ASSIGNMENT: Set down exactly, from the records below, the line with "module _ (source : PageSource) where" through the line with "-- How the loop", and nothing else.

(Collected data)

☆ ☆ ☆ ☆ ☆ ☆ ☆

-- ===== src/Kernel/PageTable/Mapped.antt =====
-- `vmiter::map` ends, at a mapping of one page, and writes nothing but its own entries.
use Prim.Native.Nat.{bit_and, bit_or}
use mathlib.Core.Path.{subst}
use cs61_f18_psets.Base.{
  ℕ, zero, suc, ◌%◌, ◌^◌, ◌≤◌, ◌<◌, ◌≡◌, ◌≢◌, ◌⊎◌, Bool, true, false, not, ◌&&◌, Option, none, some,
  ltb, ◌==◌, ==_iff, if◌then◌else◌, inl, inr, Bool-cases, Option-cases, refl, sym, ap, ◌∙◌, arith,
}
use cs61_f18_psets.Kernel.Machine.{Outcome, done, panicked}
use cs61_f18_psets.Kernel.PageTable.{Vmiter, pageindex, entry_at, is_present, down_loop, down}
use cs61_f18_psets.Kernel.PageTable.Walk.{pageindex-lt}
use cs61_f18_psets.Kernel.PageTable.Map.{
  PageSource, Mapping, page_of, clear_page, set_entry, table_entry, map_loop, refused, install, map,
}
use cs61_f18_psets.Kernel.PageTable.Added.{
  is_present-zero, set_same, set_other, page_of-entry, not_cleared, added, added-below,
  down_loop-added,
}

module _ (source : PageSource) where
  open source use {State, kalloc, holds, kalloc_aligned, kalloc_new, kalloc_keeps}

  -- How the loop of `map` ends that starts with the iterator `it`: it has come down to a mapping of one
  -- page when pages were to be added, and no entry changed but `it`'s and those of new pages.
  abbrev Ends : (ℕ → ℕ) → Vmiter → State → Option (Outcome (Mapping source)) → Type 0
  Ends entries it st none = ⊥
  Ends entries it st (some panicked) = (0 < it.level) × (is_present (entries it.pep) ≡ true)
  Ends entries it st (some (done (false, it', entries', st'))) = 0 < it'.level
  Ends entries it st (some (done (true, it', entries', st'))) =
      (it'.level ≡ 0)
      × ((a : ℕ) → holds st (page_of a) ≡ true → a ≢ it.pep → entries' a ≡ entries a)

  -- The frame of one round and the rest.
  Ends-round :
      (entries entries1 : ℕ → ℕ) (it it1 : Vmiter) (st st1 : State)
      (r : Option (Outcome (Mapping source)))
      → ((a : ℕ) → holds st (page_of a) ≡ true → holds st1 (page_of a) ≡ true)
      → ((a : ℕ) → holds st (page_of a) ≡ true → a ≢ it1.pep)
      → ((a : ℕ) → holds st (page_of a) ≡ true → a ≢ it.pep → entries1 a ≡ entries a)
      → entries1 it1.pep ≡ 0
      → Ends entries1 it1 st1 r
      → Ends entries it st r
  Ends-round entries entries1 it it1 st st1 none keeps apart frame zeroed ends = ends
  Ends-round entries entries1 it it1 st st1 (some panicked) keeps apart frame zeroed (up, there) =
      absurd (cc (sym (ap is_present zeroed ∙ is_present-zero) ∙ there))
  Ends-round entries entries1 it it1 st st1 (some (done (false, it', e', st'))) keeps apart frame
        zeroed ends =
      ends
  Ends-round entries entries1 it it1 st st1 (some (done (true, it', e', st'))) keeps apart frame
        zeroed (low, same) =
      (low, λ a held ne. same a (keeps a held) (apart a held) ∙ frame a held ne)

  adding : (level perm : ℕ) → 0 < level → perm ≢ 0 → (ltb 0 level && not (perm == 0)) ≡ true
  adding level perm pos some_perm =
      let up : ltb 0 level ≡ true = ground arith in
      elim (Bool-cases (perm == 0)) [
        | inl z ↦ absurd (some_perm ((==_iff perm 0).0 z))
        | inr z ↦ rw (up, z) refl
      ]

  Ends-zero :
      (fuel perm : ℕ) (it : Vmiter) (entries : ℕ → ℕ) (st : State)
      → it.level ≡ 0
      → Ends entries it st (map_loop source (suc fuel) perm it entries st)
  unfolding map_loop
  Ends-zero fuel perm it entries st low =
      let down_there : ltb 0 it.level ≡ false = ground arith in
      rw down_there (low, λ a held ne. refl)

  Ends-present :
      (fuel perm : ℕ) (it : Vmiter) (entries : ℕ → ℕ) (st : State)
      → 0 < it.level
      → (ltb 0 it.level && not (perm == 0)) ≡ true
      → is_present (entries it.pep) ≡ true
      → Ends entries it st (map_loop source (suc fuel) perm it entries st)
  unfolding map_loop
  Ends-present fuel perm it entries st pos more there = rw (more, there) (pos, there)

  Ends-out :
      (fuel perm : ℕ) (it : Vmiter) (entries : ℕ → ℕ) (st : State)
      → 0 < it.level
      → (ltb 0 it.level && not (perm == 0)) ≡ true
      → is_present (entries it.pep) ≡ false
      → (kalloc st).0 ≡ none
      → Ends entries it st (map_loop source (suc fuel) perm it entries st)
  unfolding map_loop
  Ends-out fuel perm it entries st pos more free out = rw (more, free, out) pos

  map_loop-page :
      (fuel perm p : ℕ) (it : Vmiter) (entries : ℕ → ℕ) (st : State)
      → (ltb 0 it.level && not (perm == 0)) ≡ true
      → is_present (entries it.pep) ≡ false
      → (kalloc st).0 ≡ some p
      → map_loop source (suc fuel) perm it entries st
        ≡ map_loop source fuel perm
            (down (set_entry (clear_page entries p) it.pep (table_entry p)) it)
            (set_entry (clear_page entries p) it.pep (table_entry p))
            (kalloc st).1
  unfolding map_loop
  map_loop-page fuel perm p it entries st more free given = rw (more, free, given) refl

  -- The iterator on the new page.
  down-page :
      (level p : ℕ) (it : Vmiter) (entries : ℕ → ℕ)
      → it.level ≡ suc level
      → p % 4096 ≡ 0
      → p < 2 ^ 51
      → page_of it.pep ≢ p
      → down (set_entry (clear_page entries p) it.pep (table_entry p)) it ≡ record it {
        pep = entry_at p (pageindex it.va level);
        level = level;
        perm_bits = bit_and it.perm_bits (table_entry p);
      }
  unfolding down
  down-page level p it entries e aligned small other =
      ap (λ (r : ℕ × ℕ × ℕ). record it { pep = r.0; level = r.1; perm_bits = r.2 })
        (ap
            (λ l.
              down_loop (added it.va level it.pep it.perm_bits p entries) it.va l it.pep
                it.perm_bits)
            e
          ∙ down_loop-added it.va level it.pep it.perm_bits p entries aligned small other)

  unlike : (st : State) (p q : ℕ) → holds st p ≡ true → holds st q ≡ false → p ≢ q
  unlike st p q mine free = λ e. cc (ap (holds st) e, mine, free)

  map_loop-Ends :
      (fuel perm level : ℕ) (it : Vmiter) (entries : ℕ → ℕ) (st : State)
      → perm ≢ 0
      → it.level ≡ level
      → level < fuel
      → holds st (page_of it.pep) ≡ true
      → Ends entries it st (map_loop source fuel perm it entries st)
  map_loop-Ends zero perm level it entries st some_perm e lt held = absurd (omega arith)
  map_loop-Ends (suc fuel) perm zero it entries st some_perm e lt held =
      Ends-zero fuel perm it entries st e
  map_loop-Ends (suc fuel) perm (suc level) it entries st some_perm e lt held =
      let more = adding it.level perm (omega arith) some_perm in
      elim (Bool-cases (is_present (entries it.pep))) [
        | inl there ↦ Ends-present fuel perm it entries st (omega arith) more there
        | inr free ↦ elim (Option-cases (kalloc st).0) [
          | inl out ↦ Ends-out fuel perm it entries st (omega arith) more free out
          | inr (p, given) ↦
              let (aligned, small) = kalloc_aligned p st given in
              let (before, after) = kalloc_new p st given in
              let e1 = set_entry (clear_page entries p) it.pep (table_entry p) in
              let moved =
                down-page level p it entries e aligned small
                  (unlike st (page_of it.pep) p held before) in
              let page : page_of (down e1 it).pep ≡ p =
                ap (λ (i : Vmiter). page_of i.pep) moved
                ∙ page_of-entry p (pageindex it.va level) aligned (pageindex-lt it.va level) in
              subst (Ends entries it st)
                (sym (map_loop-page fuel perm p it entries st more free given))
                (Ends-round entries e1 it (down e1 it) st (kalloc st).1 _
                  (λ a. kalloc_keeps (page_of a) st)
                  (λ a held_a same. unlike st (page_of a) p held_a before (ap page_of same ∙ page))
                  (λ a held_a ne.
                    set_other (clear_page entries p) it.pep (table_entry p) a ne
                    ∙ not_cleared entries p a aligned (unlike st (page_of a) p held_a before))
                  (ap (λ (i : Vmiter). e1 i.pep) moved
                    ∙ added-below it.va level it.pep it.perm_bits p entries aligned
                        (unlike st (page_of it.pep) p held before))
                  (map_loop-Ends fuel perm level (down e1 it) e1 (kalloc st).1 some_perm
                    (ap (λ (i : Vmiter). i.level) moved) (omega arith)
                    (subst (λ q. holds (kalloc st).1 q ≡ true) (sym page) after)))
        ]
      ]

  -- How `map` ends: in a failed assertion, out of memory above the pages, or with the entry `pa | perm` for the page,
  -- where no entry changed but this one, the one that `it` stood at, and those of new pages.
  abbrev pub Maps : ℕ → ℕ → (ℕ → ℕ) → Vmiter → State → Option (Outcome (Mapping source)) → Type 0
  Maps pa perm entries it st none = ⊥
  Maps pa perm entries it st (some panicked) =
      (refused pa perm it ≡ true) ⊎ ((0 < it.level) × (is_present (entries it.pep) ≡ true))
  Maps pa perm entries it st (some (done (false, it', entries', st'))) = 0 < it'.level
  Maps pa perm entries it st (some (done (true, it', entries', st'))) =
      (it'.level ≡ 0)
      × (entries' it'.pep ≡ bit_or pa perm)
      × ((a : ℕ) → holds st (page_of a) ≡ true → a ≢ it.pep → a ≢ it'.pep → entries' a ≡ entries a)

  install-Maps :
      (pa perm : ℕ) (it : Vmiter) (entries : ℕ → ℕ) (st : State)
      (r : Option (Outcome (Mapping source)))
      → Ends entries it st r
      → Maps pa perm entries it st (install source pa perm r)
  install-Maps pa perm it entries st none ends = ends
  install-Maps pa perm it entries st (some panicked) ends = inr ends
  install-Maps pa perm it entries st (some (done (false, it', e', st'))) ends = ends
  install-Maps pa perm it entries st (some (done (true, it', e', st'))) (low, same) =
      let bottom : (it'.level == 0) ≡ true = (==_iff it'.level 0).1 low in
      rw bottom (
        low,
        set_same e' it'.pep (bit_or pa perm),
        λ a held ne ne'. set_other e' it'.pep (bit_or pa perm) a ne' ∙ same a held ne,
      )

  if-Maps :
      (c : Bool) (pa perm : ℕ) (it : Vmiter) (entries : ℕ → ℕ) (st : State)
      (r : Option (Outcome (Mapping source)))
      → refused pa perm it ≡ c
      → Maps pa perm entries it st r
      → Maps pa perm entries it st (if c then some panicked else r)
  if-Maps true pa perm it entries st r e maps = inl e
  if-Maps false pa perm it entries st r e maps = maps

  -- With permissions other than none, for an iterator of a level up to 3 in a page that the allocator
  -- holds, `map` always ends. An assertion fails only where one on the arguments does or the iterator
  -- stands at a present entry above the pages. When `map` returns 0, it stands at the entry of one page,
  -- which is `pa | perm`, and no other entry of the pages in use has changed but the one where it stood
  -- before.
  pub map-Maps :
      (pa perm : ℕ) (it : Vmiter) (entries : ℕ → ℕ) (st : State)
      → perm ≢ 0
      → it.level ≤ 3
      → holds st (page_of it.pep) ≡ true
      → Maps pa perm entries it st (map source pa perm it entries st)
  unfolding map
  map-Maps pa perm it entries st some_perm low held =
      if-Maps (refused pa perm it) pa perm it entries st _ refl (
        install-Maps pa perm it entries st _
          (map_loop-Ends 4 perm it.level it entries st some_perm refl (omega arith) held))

☆ ☆ ☆ ☆ ☆ ☆ ☆

PROBLEM SOLUTION:
module _ (source : PageSource) where
  open source use {State, kalloc, holds, kalloc_aligned, kalloc_new, kalloc_keeps}

  -- How the loop of `map` ends that starts with the iterator `it`: it has come down to a mapping of one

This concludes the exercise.